Wall Street fell short of rejoicing when Regeneron Pharmaceuticals Inc. popped the lid off Phase III data with sarilumab that met all endpoints in rheumatoid arthritis (RA), and the firm’s chief scientific officer, George Yancopoulos, said he knows why.
“If we were a different sort of company, this would have been a company-making or -breaking announcement, but a lot of people are viewing it as just another delivery from Regeneron,” he said.
“People consider us a mature company that has a lot of things going on,” Yancopoulos said. “We’re no longer a company where a Phase III program does a huge thing to the stock. What it speaks to is the depth and productivity of our organization.”
Shares (NASDAQ:REGN) closed Friday at $293.68, up $17.27.
The first fully human anti-IL-6R monoclonal antibody in RA, sarilumab was tested in patients who didn’t adequately respond to methotrexate (MTX). Combined with MTX, the drug, given every other week, improved disease signs and symptoms as well as physical function, and inhibited progression of joint damage.
Yancopoulos, who is also Tarrytown, N.Y.-based Regeneron’s founding scientist and president, called sarilumab – partnered with Paris-based Sanofi SA – “a competitive agent in an emerging therapeutic class that’s going to be critical in this disease and perhaps other disease categories.”
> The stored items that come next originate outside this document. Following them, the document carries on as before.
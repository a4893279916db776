-- ===== src/GitStatus/Format.antt =====
-- The lines of git's porcelain format v2 with NUL as the separator, as git documents them. `middle`
-- stands for the modes and the object names of a line, and for the score of a rename.
use remote_build_orchestrato.Common.{ℕ, Option, none, some, List, [], ◌∷◌, ◌++◌}
use remote_build_orchestrato.Common.Text.{Text, text}
use remote_build_orchestrato.GitStatus.{
  nul, space, GitStatusEntry, plain, present, tracked, untracked, ignored,
}
use remote_build_orchestrato.GitStatus.Split.{Free}

pub data GitLine : Type 0 where
  changed : Text → Text → Text → Text → GitLine
  renamed : Text → Text → Text → Text → Text → GitLine
  unmerged : Text → Text → Text → Text → GitLine
  is_untracked is_ignored : Text → GitLine

abbrev pub fields_of : ℕ → Text → Text → Text → Text → Text
fields_of kind xy sub middle path =
    kind ∷ space ∷ (xy ++ space ∷ (sub ++ space ∷ (middle ++ space ∷ path)))

abbrev pub print_line : GitLine → Text → Text
print_line (changed xy sub middle path) rest = fields_of b'1' xy sub middle path ++ nul ∷ rest
print_line (renamed xy sub middle path orig) rest =
    fields_of b'2' xy sub middle path ++ nul ∷ (orig ++ nul ∷ rest)
print_line (unmerged xy sub middle path) rest = fields_of b'u' xy sub middle path ++ nul ∷ rest
print_line (is_untracked path) rest = b'?' ∷ space ∷ path ++ nul ∷ rest
print_line (is_ignored path) rest = b'!' ∷ space ∷ path ++ nul ∷ rest

abbrev pub print : List GitLine → Text
print [] = []
print (l ∷ ls) = print_line l (print ls)

abbrev pub entry_of : Text → Text → Text → Option Text → GitStatusEntry
entry_of xy sub path orig = record {
  path = path;
  orig_path = orig;
  xy = xy;
  kind = tracked;
  submodule = present sub;
}

-- What a line says.
abbrev pub meaning : GitLine → GitStatusEntry
meaning (changed xy sub middle path) = entry_of xy sub path none
meaning (renamed xy sub middle path orig) = entry_of xy sub path (some orig)
meaning (unmerged xy sub middle path) = plain path (text "UU") tracked
meaning (is_untracked path) = plain path (text "??") untracked
meaning (is_ignored path) = plain path (text "!!") ignored

-- No NUL is in the fields.
abbrev pub NoNul : GitLine → Type 0
NoNul (changed xy sub middle path) = Free nul xy × Free nul sub × Free nul middle × Free nul path
NoNul (renamed xy sub middle path orig) =
    Free nul xy × Free nul sub × Free nul middle × Free nul path × Free nul orig
NoNul (unmerged xy sub middle path) = Free nul xy × Free nul sub × Free nul middle × Free nul path
NoNul (is_untracked path) = Free nul path
NoNul (is_ignored path) = Free nul path

-- No space is in the path of a tracked file, and no file is unmerged.
abbrev pub IsSimple : GitLine → Type 0
IsSimple (changed xy sub middle path) = Free space xy × Free space sub × Free space path
IsSimple (renamed xy sub middle path orig) = Free space xy × Free space sub × Free space path
IsSimple (unmerged xy sub middle path) = ⊥
IsSimple _ = Unit

abbrev pub Every : (GitLine → Type 0) → List GitLine → Type 0
Every P [] = Unit
Every P (l ∷ ls) = P l × Every P ls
Signs and symptoms of improvements were measured by 20 percent gain in the American College of Rheumatology score (ACR20) at 24 weeks. They totaled 66 percent with 200 mg sarilumab, 58 percent with 150 mg sarilumab and 33 percent with placebo, all in combination with MTX.
Whether the subcutaneous drug inhibited more structural damage was measured by a change in the modified Van der Heijde total Sharp score at week 52. Those improvements amounted to 0.25 with 200 mg sarilumab, 0.90 with 150 mg sarilumab and 2.78 with placebo – all in combination, again, with MTX.
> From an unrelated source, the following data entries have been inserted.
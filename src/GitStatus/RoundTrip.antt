-- ===== src/GitStatus/RoundTrip.antt =====
-- packages/snapshot/src/git-status.ts: what git prints of simple paths is read back.
use remote_build_orchestrato.Common.{
  ℕ, zero, suc, ◌≤◌, ◌≡◌, refl, ap, ◌∙◌, false, Option, none, some, List, [], ◌∷◌, ◌++◌, ◌==◌, map,
  arith, length, length-append,
}
use remote_build_orchestrato.Common.Text.{Text, split}
use remote_build_orchestrato.GitStatus.{
  nul, space, read_line, parse_lines, parse_porcelain_v2, last_or_empty, changed_entry,
}
use remote_build_orchestrato.GitStatus.Split.{
  Free, append-Free, next_field-append, split-append, split-Free, split-last_part, parse_lines-line,
}
use remote_build_orchestrato.GitStatus.Format.{
  GitLine, changed, renamed, unmerged, is_untracked, is_ignored, fields_of, print_line, print,
  entry_of, meaning, NoNul, IsSimple, Every,
}

pub fields_of-Free :
    (k : ℕ) (xy sub middle path : Text)
    → k == nul ≡ false
    → Free nul xy
    → Free nul sub
    → Free nul middle
    → Free nul path
    → Free nul (fields_of k xy sub middle path)
fields_of-Free k xy sub middle path e a b c d =
    let tail = append-Free nul middle (space ∷ path) c (refl, d) in
    let after = append-Free nul sub (space ∷ (middle ++ space ∷ path)) b (refl, tail) in
    (
      e,
      (
        refl,
        append-Free nul xy (space ∷ (sub ++ space ∷ (middle ++ space ∷ path))) a (refl, after),
      ),
    )

pub split-fields_of :
    (k : ℕ) (xy sub middle path : Text)
    → k == space ≡ false
    → Free space xy
    → Free space sub
    → split space (fields_of k xy sub middle path)
      ≡ (k ∷ []) ∷ xy ∷ sub ∷ split space (middle ++ space ∷ path)
unfolding split
split-fields_of k xy sub middle path e a b =
    rw
      (
        e,
        split-append space xy (sub ++ space ∷ (middle ++ space ∷ path)) a,
        split-append space sub (middle ++ space ∷ path) b,
      )
      refl

-- The entry of a tracked file has the part of its path after the last space.
pub changed_entry-last :
    (k : ℕ) (xy sub middle path : Text) (orig : Option Text)
    → k == space ≡ false
    → Free space xy
    → Free space sub
    → changed_entry (split space (fields_of k xy sub middle path)) orig
      ≡ entry_of xy sub (last_or_empty (split space path)) orig
changed_entry-last k xy sub middle path orig e a b =
    let (p, q, ps, parts, last) = split-last_part space middle path in
    ap (λ fs. changed_entry fs orig)
      (split-fields_of k xy sub middle path e a b ∙ ap (λ fs. (k ∷ []) ∷ xy ∷ sub ∷ fs) parts)
    ∙ ap (λ l. entry_of xy sub l orig) last

pub last-path : (path : Text) → Free space path → last_or_empty (split space path) ≡ path
last-path path h = ap last_or_empty (split-Free space path h)

-- A line that git prints, with any output after it, is read as what it says.
print_line-read :
    (l : GitLine) (f : ℕ) (rest : Text)
    → NoNul l
    → IsSimple l
    → length (print_line l rest) ≤ f
    → parse_lines f (print_line l rest) ≡ meaning l ∷ parse_lines f rest
unfolding read_line
print_line-read (changed xy sub middle path) f rest (a, b, c, d) (x, y, z) h =
    parse_lines-line f b'1' (space ∷ (xy ++ space ∷ (sub ++ space ∷ (middle ++ space ∷ path)))) rest
      (fields_of-Free b'1' xy sub middle path refl a b c d) h
    ∙ ap (λ e. e ∷ parse_lines f rest)
        (changed_entry-last b'1' xy sub middle path none refl x y
          ∙ ap (λ p. entry_of xy sub p none) (last-path path z))
print_line-read (renamed xy sub middle path orig) f rest (a, b, c, d, o) (x, y, z) h =
    parse_lines-line f b'2' (space ∷ (xy ++ space ∷ (sub ++ space ∷ (middle ++ space ∷ path))))
      (orig ++ nul ∷ rest) (fields_of-Free b'2' xy sub middle path refl a b c d) h
    ∙ ap
        (λ (w : Text × Text).
          changed_entry (split space (fields_of b'2' xy sub middle path)) (some w.0)
          ∷ parse_lines f w.1)
        (next_field-append orig rest o)
    ∙ ap (λ e. e ∷ parse_lines f rest)
        (changed_entry-last b'2' xy sub middle path (some orig) refl x y
          ∙ ap (λ p. entry_of xy sub p (some orig)) (last-path path z))
print_line-read (unmerged xy sub middle path) f rest n s h = absurd s
print_line-read (is_untracked path) f rest n s h =
    parse_lines-line f b'?' (space ∷ path) rest (refl, (refl, n)) h
print_line-read (is_ignored path) f rest n s h =
    parse_lines-line f b'!' (space ∷ path) rest (refl, (refl, n)) h

print_line-longer : (l : GitLine) (rest : Text) → length rest ≤ length (print_line l rest)
print_line-longer (changed xy sub middle path) rest =
    omega (arith, length-append (fields_of b'1' xy sub middle path) (nul ∷ rest))
print_line-longer (renamed xy sub middle path orig) rest = omega (
  arith,
  length-append (fields_of b'2' xy sub middle path) (nul ∷ (orig ++ nul ∷ rest)),
  length-append orig (nul ∷ rest),
)
print_line-longer (unmerged xy sub middle path) rest =
    omega (arith, length-append (fields_of b'u' xy sub middle path) (nul ∷ rest))
print_line-longer (is_untracked path) rest = omega (arith, length-append path (nul ∷ rest))
print_line-longer (is_ignored path) rest = omega (arith, length-append path (nul ∷ rest))

print-read :
    (f : ℕ) (ls : List GitLine)
    → Every NoNul ls
    → Every IsSimple ls
    → length (print ls) ≤ f
    → parse_lines f (print ls) ≡ map meaning ls
unfolding parse_lines
print-read zero [] n s h = refl
print-read (suc f) [] n s h = refl
print-read f (l ∷ ls) (n, ns) (s, ss) h =
    let shorter = print_line-longer l (print ls) in
    print_line-read l f (print ls) n s h
    ∙ ap (λ es. meaning l ∷ es) (print-read f ls ns ss (omega arith))

-- What git prints is read back, line by line, if no field has a NUL in it, no status, submodule
-- state or path of a tracked file has a space in it, and no file is unmerged. The paths of untracked
-- and ignored files, and the one that a file was renamed from, may have spaces.
pub parse-print :
    (ls : List GitLine)
    → Every NoNul ls
    → Every IsSimple ls
    → parse_porcelain_v2 (print ls) ≡ map meaning ls
unfolding parse_porcelain_v2
parse-print ls n s = print-read (length (print ls)) ls n s (omega arith)
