-- ===== src/GitStatus/Misread.antt =====
-- packages/snapshot/src/git-status.ts: the lines that are misread.
use remote_build_orchestrato.Common.{◌≡◌, refl, ap, ◌∙◌, none, [], ◌∷◌, ◌++◌, arith, length}
use remote_build_orchestrato.Common.Text.{Text, text}
use remote_build_orchestrato.GitStatus.{
  space, tab, read_line, parse_lines, parse_porcelain_v2, plain, tracked,
}
use remote_build_orchestrato.GitStatus.Split.{Free, split-Free, last-split_append, parse_lines-line}
use remote_build_orchestrato.GitStatus.Format.{
  changed, unmerged, fields_of, print_line, entry_of, NoNul,
}
use remote_build_orchestrato.GitStatus.RoundTrip.{fields_of-Free, changed_entry-last, last-path}

-- A changed file whose path has a space in it, at the start of the output: only what follows the
-- last space is taken for its path.
pub path-cut :
    (xy sub middle dir name rest : Text)
    → NoNul (changed xy sub middle (dir ++ space ∷ name))
    → Free space xy
    → Free space sub
    → Free space name
    → let output = print_line (changed xy sub middle (dir ++ space ∷ name)) rest in
      parse_porcelain_v2 output ≡ entry_of xy sub name none ∷ parse_lines (length output) rest
unfolding parse_porcelain_v2 read_line
path-cut xy sub middle dir name rest (a, b, c, d) x y z =
    let path = dir ++ space ∷ name in
    let output = print_line (changed xy sub middle path) rest in
    parse_lines-line (length output) b'1'
      (space ∷ (xy ++ space ∷ (sub ++ space ∷ (middle ++ space ∷ path)))) rest
      (fields_of-Free b'1' xy sub middle path refl a b c d) (omega arith)
    ∙ ap (λ e. e ∷ parse_lines (length output) rest)
        (changed_entry-last b'1' xy sub middle path none refl x y
          ∙ ap (λ p. entry_of xy sub p none) (last-split_append space dir name ∙ last-path name z))

-- A file that is unmerged, at the start of the output, with no tab in its line: its path is lost.
unmerged-lost :
    (xy sub middle path rest : Text)
    → NoNul (unmerged xy sub middle path)
    → Free tab (fields_of b'u' xy sub middle path)
    → let output = print_line (unmerged xy sub middle path) rest in
      parse_porcelain_v2 output ≡ plain [] (text "UU") tracked ∷ parse_lines (length output) rest
unfolding parse_porcelain_v2 read_line
unmerged-lost xy sub middle path rest (a, b, c, d) free =
    let output = print_line (unmerged xy sub middle path) rest in
    parse_lines-line (length output) b'u'
      (space ∷ (xy ++ space ∷ (sub ++ space ∷ (middle ++ space ∷ path)))) rest
      (fields_of-Free b'u' xy sub middle path refl a b c d) (omega arith)
    ∙ rw (split-Free tab (fields_of b'u' xy sub middle path) free) refl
Bettered physical function, the third endpoint, was determined by a change from baseline in the Health Assessment Question-Disability score at 16 weeks
A 90 percent decrease in radiographic advance was seen in the 200-mg dose group vs. the placebo group, and safety findings turned up consistent with results from previous studies of sarilumab, but did include more infections and adverse events leading to withdrawal in the patient groups given sarilumab.
More Eylea Potential
All in all, analysts found, sarilumab looks as efficacious in RA as Actemra (tocilizumab), the first interleukin-6 receptor monoclonal antibody approved in the U.S., from Genentech, a unit of Basel, Switzerland-based Roche AG.
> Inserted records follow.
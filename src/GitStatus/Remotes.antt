-- ===== src/GitStatus/Remotes.antt =====
-- packages/snapshot/src/git-status.ts: which remote a Controller tells the Agents to fetch from.
use remote_build_orchestrato.Common.{
  ◌≡◌, refl, sym, ap, ◌∙◌, inl, inr, Bool, true, not, some, List, [], ◌∷◌, ◌++◌, arith, Bool-cases,
}
use remote_build_orchestrato.Common.Sort.{In}
use remote_build_orchestrato.Common.Text.{Text, text, text_eq, text_eq_refl, keep}
use remote_build_orchestrato.GitStatus.{
  GitRemoteFetchUrl, is_origin, order_remotes_prefer_origin, first_allowed,
  resolve_allowlisted_remote_url,
}

first_allowed-In :
    (allowed : Text → Bool) (rs : List GitRemoteFetchUrl) (u : Text)
    → first_allowed allowed rs ≡ some u
    → (r : GitRemoteFetchUrl) × In r rs × (r.url ≡ u) × (allowed r.url ≡ true)
first_allowed-In allowed [] u e = absurd (ground arith)
first_allowed-In allowed (r ∷ rs) u e = elim (Bool-cases (allowed r.url)) [
  | inl yes_is ↦ (r, inl refl, ground arith, yes_is)
  | inr no_is ↦
      let (s, m, same, good) = first_allowed-In allowed rs u (ground arith) in
      (s, inr m, same, good)
]

first_allowed-append :
    (allowed : Text → Bool) (rs ss : List GitRemoteFetchUrl) (u : Text)
    → first_allowed allowed rs ≡ some u
    → first_allowed allowed (rs ++ ss) ≡ some u
first_allowed-append allowed [] ss u e = absurd (ground arith)
first_allowed-append allowed (r ∷ rs) ss u e = ground (arith, first_allowed-append allowed rs ss u)

-- A list with an allowed remote has a first one.
first_allowed-some :
    (allowed : Text → Bool) (rs : List GitRemoteFetchUrl) (r : GitRemoteFetchUrl)
    → In r rs
    → allowed r.url ≡ true
    → (u : Text) × (first_allowed allowed rs ≡ some u)
first_allowed-some allowed [] r m e = absurd m
first_allowed-some allowed (s ∷ rs) r m e = elim (Bool-cases (allowed s.url)) [
  | inl good ↦ (s.url, ground arith)
  | inr bad ↦ elim m [
    | inl same ↦ absurd (ground (arith, ap (λ (x : GitRemoteFetchUrl). allowed x.url) same))
    | inr m' ↦ let (u, found) = first_allowed-some allowed rs r m' e in (u, ground arith)
  ]
]

In-keep :
    (p : GitRemoteFetchUrl → Bool) (rs : List GitRemoteFetchUrl) (r : GitRemoteFetchUrl)
    → In r (keep p rs)
    → In r rs × (p r ≡ true)
In-keep p [] r m = absurd m
In-keep p (s ∷ rs) r m = elim (Bool-cases (p s)) [
  | inl e ↦
      let m' : In r (s ∷ keep p rs) = rw e at m in
      elim m' [
        | inl same ↦ (inl same, ap p same ∙ e)
        | inr later ↦ let (there, holds) = In-keep p rs r later in (inr there, holds)
      ]
  | inr e ↦
      let m' : In r (keep p rs) = rw e at m in
      let (there, holds) = In-keep p rs r m' in (inr there, holds)
]

keep-In :
    (p : GitRemoteFetchUrl → Bool) (rs : List GitRemoteFetchUrl) (r : GitRemoteFetchUrl)
    → In r rs
    → p r ≡ true
    → In r (keep p rs)
keep-In p [] r m e = absurd m
keep-In p (s ∷ rs) r m e = elim (Bool-cases (p s)) [
  | inl q ↦ rw q (elim m [ inl same ↦ inl same | inr later ↦ inr (keep-In p rs r later e) ])
  | inr q ↦ rw q (elim m [
    | inl same ↦ absurd (ground (arith, ap p same))
    | inr later ↦ keep-In p rs r later e
  ])
]

-- Where `origin` is among the remotes and its URL is allowed, the URL that is chosen is allowed and
-- is that of a remote of this name.
origin_preferred :
    (allowed : Text → Bool) (remotes : List GitRemoteFetchUrl) (r : GitRemoteFetchUrl)
    → In r remotes
    → r.name ≡ text "origin"
    → allowed r.url ≡ true
    → (s : GitRemoteFetchUrl) × (resolve_allowlisted_remote_url remotes allowed ≡ some s.url)
      × In s remotes
      × (is_origin s ≡ true)
      × (allowed s.url ≡ true)
unfolding resolve_allowlisted_remote_url order_remotes_prefer_origin
origin_preferred allowed remotes r m named good =
    let origins = keep is_origin remotes in
    let others = keep (λ s. not (is_origin s)) remotes in
    let origin : is_origin r ≡ true =
      ap (λ n. text_eq n (text "origin")) named ∙ text_eq_refl (text "origin") in
    let (u, found) =
      first_allowed-some allowed origins r (keep-In is_origin remotes r m origin) good in
    let (s, there, same, allows) = first_allowed-In allowed origins u found in
    let (kept, is) = In-keep is_origin remotes s there in
    (
      s,
      first_allowed-append allowed origins others u found ∙ ap (λ v. some v) (sym same),
      kept,
      is,
      allows,
    )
“Actemra has set a bar, and it’s an important bar,” Yancopoulos said. “The opportunity to have a second-in-class drug that is competitive and may even have some advantages could lead to a huge opportunity. That was certainly the story with the [anti-tumor necrosis factor drugs] in the same space,” he noted.
“What we were trying to do was come up with an every-other-week regimen, where we had two doses to provide flexibility to doctors and to patients, so that the higher dose would be in some ways competitive with their weekly dosing paradigm and the low dose might be competitive with their once-every-two-week paradigm, which they just launched,” he said. “Clearly the benefit with the higher dose, relative to placebo, is as good as anything that’s been achieved, and you have a slightly lower dose for patients who might have tolerability issues and so forth.”
Disease-modifying drugs that prevent joint destruction make up a “hot-button issue in the field,” and finding the right therapies has been “creating huge hurdles for the JAK kinase inhibitor programs,” such as New York-based Pfizer Inc.’s, Yancopoulos said. “It looks like, once again, we can say the data produced with sarilumab are as good as any that’s been produced in the field.”
Full results from the Phase III trial, called Mobility, will be presented at an upcoming medical conference, and three more are enrolling in RA, called Target, Ascertain and Compare. Though both doses of sarilumab showed clinically relevant and statistically significant improvements compared to placebo in all three co-primary endpoints (p < 0.0001), it was the 200-mg dose that analysts found a likely contender against Actemra.
Regeneron also disclosed approval in Japan of Eylea (aflibercept) for central retinal vein occlusion (CRVO). Sales of the blockbuster drug grew 23 percent in the third quarter over the same period last year. In the U.S., European Union (EU) and Japan, it was already approved for wet age-related macular degeneration (AMD); Eylea was approved earlier for CRVO, too, in the U.S., and the EU and Japan already had the AMD label.
The company submitted a supplemental biologics license application (sBLA) for Eylea in diabetic macular edema (DME) a year ahead of schedule and recently disclosed positive Phase III results in branched retinal vein occlusion, for which an sBLA is due in the months ahead.
DME, Yancopoulos told BioWorld Today, is “a huge opportunity in the U.S. and worldwide. It’s going to be much larger than CRVO, which is a phenomenally important setting because it [strikes] patients who acutely lose vision, and we can show that the drug benefits those patients, but it’s a relatively small population.”